Tolerances are tighter in disc media: 10 microns for an audio CD stamper, 5 microns for DVD, and 3 microns for BluRay.

Stamper Discs aims to stay within the CD stamper thickness tolerance – although it is unlikely there will be any problems on the press with stampers up to 20microns ‘Total Thickness Variation’ (TTV). 20 microns TTV is a very achievable range for any stamper manufacturer. 

What causes stampers to have an uneven thickness?

The largest contributing factor to variations in stamper thickness uniformity is the bath design – specifically the relationship between the anode and the cathode in the plating cell. 

After that the control rings around the outer diameter of the disc, (that are used to create and seal the edge during plating), are the second largest contributing factor. 

Flow rate and jig rotation speed can also have an impact.

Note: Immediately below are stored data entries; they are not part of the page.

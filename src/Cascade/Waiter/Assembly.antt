-- ===== src/Cascade/Waiter/Assembly.antt =====
-- What ExecuteJob (internal/cascade/job.go) answers for the result frames of a job.
use oh_my_api.Base.{
  ◌≡◌, refl, sym, ap, subst, ◌∙◌, inl, inr, Bool, true, false, none, List, [], ◌∷◌, ◌++◌, not_both,
  Text, if◌then◌else◌, ℤ, pos, negsuc, All, arith, Bool-cases,
}
use oh_my_api.Cascade.Waiter.{
  JobWaiter, JobResponse, new_job_waiter, closed_pipe, Chunk, is_bad_status, wait, response_status,
  is_positive, wait_first, job_response, whole, streamed, waited,
}
use oh_my_api.Cascade.Waiter.Frames.{
  deliver, body_text, piece, pieces, IsAssembled, waiting, assembled, All-left, seen-waiting,
}

-- The status of a frame, or 200 without one.
abbrev pub status_of : Chunk → ℤ
status_of f = if is_positive f.status then f.status else pos 200

-- The response to a job, for its frames `cs` and its final frame `f`.
abbrev pub IsDelivered : (stream : Bool) → List Chunk → Chunk → Type 0
IsDelivered false cs f =
    let last = deliver (cs ++ (f ∷ [])) (new_job_waiter false) in
    (first : JobWaiter) → job_response first last ≡ whole (status_of f) (body_text cs ++ f.chunk)
IsDelivered true cs f =
    let last = deliver (cs ++ (f ∷ [])) (new_job_waiter true) in
    let chunks = if is_bad_status f.status then pieces cs else pieces cs ++ piece f in
    (job_response last last ≡ (
      if is_bad_status f.status
      then whole f.status f.chunk
      else streamed chunks (closed_pipe none)))
    × ((c : Chunk) (seen later : List Chunk)
        → cs ≡ c ∷ seen ++ later
        → job_response (deliver (c ∷ seen) (new_job_waiter true)) last
          ≡ streamed chunks (closed_pipe none))

response_status-final :
    (w : JobWaiter) (status : ℤ)
    → w.status_code ≡ (if is_positive status then status else pos 0)
    → response_status w ≡ (if is_positive status then status else pos 200)
unfolding response_status is_positive
response_status-final w status h = elim (Bool-cases (is_positive status)) [
  | inl p ↦ rw (h, p, p) refl
  | inr p ↦ rw (h, p) refl
]

bad-positive : (status : ℤ) → is_bad_status status ≡ true → is_positive status ≡ true
unfolding is_bad_status is_positive
bad-positive (pos n) h = ground (arith, h)
bad-positive (negsuc n) h = ground (arith, h)

waited-whole :
    (status : ℤ) (w : JobWaiter)
    → (w.done ≡ true) × (w.err ≡ none)
    → waited status w ≡ whole status w.buf
unfolding wait
waited-whole status w h = rw (h.0, h.1) refl

response_of_body :
    (first last : JobWaiter)
    → last.stream ≡ false
    → job_response first last ≡ waited (response_status last) last
unfolding job_response
response_of_body first last h = rw (h, job_response) refl

response_of_stream :
    (first last : JobWaiter)
    → last.stream ≡ true
    → first.first_ready ≡ true
    → job_response first last ≡ (
        if is_bad_status (response_status first)
        then waited (response_status first) last
        else streamed last.written last.pipe)
unfolding job_response wait_first response_status wait
response_of_stream first last h k = rw (h, k, job_response) refl

bad-status_of : (f : Chunk) → is_bad_status (status_of f) ≡ is_bad_status f.status
unfolding is_bad_status
bad-status_of f = elim (Bool-cases (is_positive f.status)) [
  | inl p ↦ rw p refl
  | inr p ↦ elim (Bool-cases (is_bad_status f.status)) [
    | inl b ↦ absurd (not_both (is_positive f.status) (bad-positive f.status b) p)
    | inr b ↦ rw (p, b) refl
  ]
]

streamed-chunks :
    (cs : List Chunk) (f : Chunk) (w : JobWaiter)
    → IsAssembled true cs f w
    → streamed w.written w.pipe
      ≡ streamed
          (if is_bad_status f.status then pieces cs else pieces cs ++ piece f)
          (closed_pipe none)
streamed-chunks cs f w a =
    ap (λ ps. streamed ps w.pipe) (a.chunks refl)
    ∙ ap (streamed (if is_bad_status f.status then pieces cs else pieces cs ++ piece f))
        (a.pipe refl)

-- The response is read after the final frame.
read_last :
    (cs : List Chunk) (f : Chunk) (w : JobWaiter)
    → IsAssembled true cs f w
    → job_response w w ≡ (
        if is_bad_status f.status
        then whole f.status f.chunk
        else streamed
            (if is_bad_status f.status then pieces cs else pieces cs ++ piece f)
            (closed_pipe none))
read_last cs f w a =
    let status = response_status-final w f.status a.code in
    let code : is_bad_status (response_status w) ≡ is_bad_status f.status =
      ap is_bad_status status ∙ bad-status_of f in
    elim (Bool-cases (is_bad_status f.status)) [
      | inl b ↦
          let sure : status_of f ≡ f.status = rw (bad-positive f.status b) refl in
          response_of_stream w w a.kind a.ready
          ∙ if_true _ _ (code ∙ b)
          ∙ waited-whole (response_status w) w a.ended
          ∙ ap (λ z. whole z w.buf) (status ∙ sure)
          ∙ ap (whole f.status) (a.error_body refl b)
          ∙ sym (if_true _ _ b)
      | inr b ↦
          response_of_stream w w a.kind a.ready
          ∙ if_false _ _ (code ∙ b)
          ∙ streamed-chunks cs f w a
          ∙ sym (if_false _ _ b)
    ]
  where
    if_true : {b : Bool} (x y : JobResponse) → b ≡ true → (if b then x else y) ≡ x
    if_true x y e = rw e refl

    if_false : {b : Bool} (x y : JobResponse) → b ≡ false → (if b then x else y) ≡ y
    if_false x y e = rw e refl

-- It is read while a frame before the final one is the last that came.
read_early :
    (cs : List Chunk) (f : Chunk) (written : List Text) (first w : JobWaiter)
    → first ≡ waiting true [] written true
    → IsAssembled true cs f w
    → job_response first w
      ≡ streamed
          (if is_bad_status f.status then pieces cs else pieces cs ++ piece f)
          (closed_pipe none)
unfolding response_status is_positive is_bad_status
read_early cs f written first w e a =
    response_of_stream first w a.kind (rw e refl) ∙ rw e refl ∙ streamed-chunks cs f w a

-- For frames that all but the last are not final, come in their order and are read by the client as
-- they come, with nothing else that ends the job: a request that is no stream is answered with the
-- text of all frames and the status of the final frame (200 without one). A stream for which
-- ExecuteJob reads the status after a frame before the final one is answered 200, with the chunks
-- that are not empty in order and a clean end; when the final frame has an error (a status from 400 on),
-- its status and its text are in neither. Only if it reads the status after the final frame, an error
-- is answered as such, with the text of the final frame alone.
pub job_response-IsDelivered :
    (stream : Bool) (cs : List Chunk) (f : Chunk)
    → All (λ c. c.final ≡ false) cs
    → f.final ≡ true
    → IsDelivered stream cs f
job_response-IsDelivered false cs f h e =
    let w = deliver (cs ++ (f ∷ [])) (new_job_waiter false) in
    let a = assembled false cs f h e in
    λ first.
      response_of_body first w a.kind
      ∙ waited-whole (response_status w) w a.ended
      ∙ ap (λ z. whole z w.buf) (response_status-final w f.status a.code)
      ∙ ap (whole (status_of f)) (a.body refl)
job_response-IsDelivered true cs f h e =
    let w = deliver (cs ++ (f ∷ [])) (new_job_waiter true) in
    let a = assembled true cs f h e in
    (
      read_last cs f w a,
      λ c seen later same.
          let before : All (λ c. c.final ≡ false) (c ∷ seen) =
            All-left (c ∷ seen) later (subst (All (λ c. c.final ≡ false)) same h) in
          read_early cs f (piece c ++ pieces seen) (deliver (c ∷ seen) (new_job_waiter true)) w
            (seen-waiting c seen before) a,
    )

But there is almost nothing in the course of daily production that has a significant effect on thickness uniformity. There are baths on the market and in production that do not lend themselves to uniform deposits – but if you are happy with the stampers from your stamper supplier then it is not a parameter that will vary greatly from stamper to stamper, and you can rule out variations in stamper thickness as the cause of any issues on press.

What is the best way of measuring the thickness uniformity of a stamper?

One historical method is the technique adopted by the CD industry using a machine manufactured by ADE. This used non contact capacitive sensors to take a thickness reading of optical disc stampers. A vinyl stamper supplier has ‘adapted’ this for vinyl records, but it is not able to measure the full radius of the stamper.  Because it measures the thickness uniformity on only half of the radius of a vinyl stamper, the data provided isn’t too useful, and the machine is also no longer in production.

One of the most precise measurement devices that exists today is the Thickness Tester manufactured by Micro Epsilon. By using two opposing confocal lenses they are able to have a contact free reading within a tolerance of 0.2microns that will give you a profile of the whole radius of the disc.

The cost of this and similar systems are a barrier to uptake in the vinyl record industry where measurement to tolerances of 0.2microns is not essential.

No-contact and non-destructive measurement tools like the ones from ADE and Micro Epsilon are also – to a large extent – inappropriate for vinyl records. Whilst the pit depth on an optical disc may be as little as 0.1 microns, the groove depth on a vinyl record may be as deep as 40 microns. 

Hence the readings from these highly precise ‘no-contact’ measurement methods are only meaningful if you use a blank stamper.

And if the only accurate way to get a reliable measurement of stamper thickness is to grow a blank stamper especially for the purpose of testing… then does it matter if the testing method is ‘non-contact’?

For these reasons, at Stamper Discs we conduct periodic 10 point readings across the surface of a blank stamper with an accurate micrometer. It is possible to either cut a strip with a pair of tin snips or number and punch out 10 small circles using a centre punch.

What about a press operator who wants to check a stamper?

If you are a pressing plant that would like to compare stampers from different suppliers, or to check a stamper before or after it goes onto the press, then you need a non-destructive method of checking the thickness uniformity of a  stamper. 

A deep throated sheet metal micrometer is a good tool for this purpose. These micrometers are designed to test sheet metal thickness away from the edge of the sheet – which means there are many models that can accommodate the full radius of a stamper. 

They are readily available on the second hand market for <£100 and with some additional ball attachments it is possible to take a very accurate reading of the land at the end of the grooves whilst leaving almost zero cosmetic defects.

It is important that readings are only taken on the shoulder of the record, or the land at the end, to avoid any risk of damaging the groove structures. But even these two quick readings should tell you with a high level of confidence if your stamper is within the right ballpark and allow you to rule out stamper thickness as a potential cause of problems on press.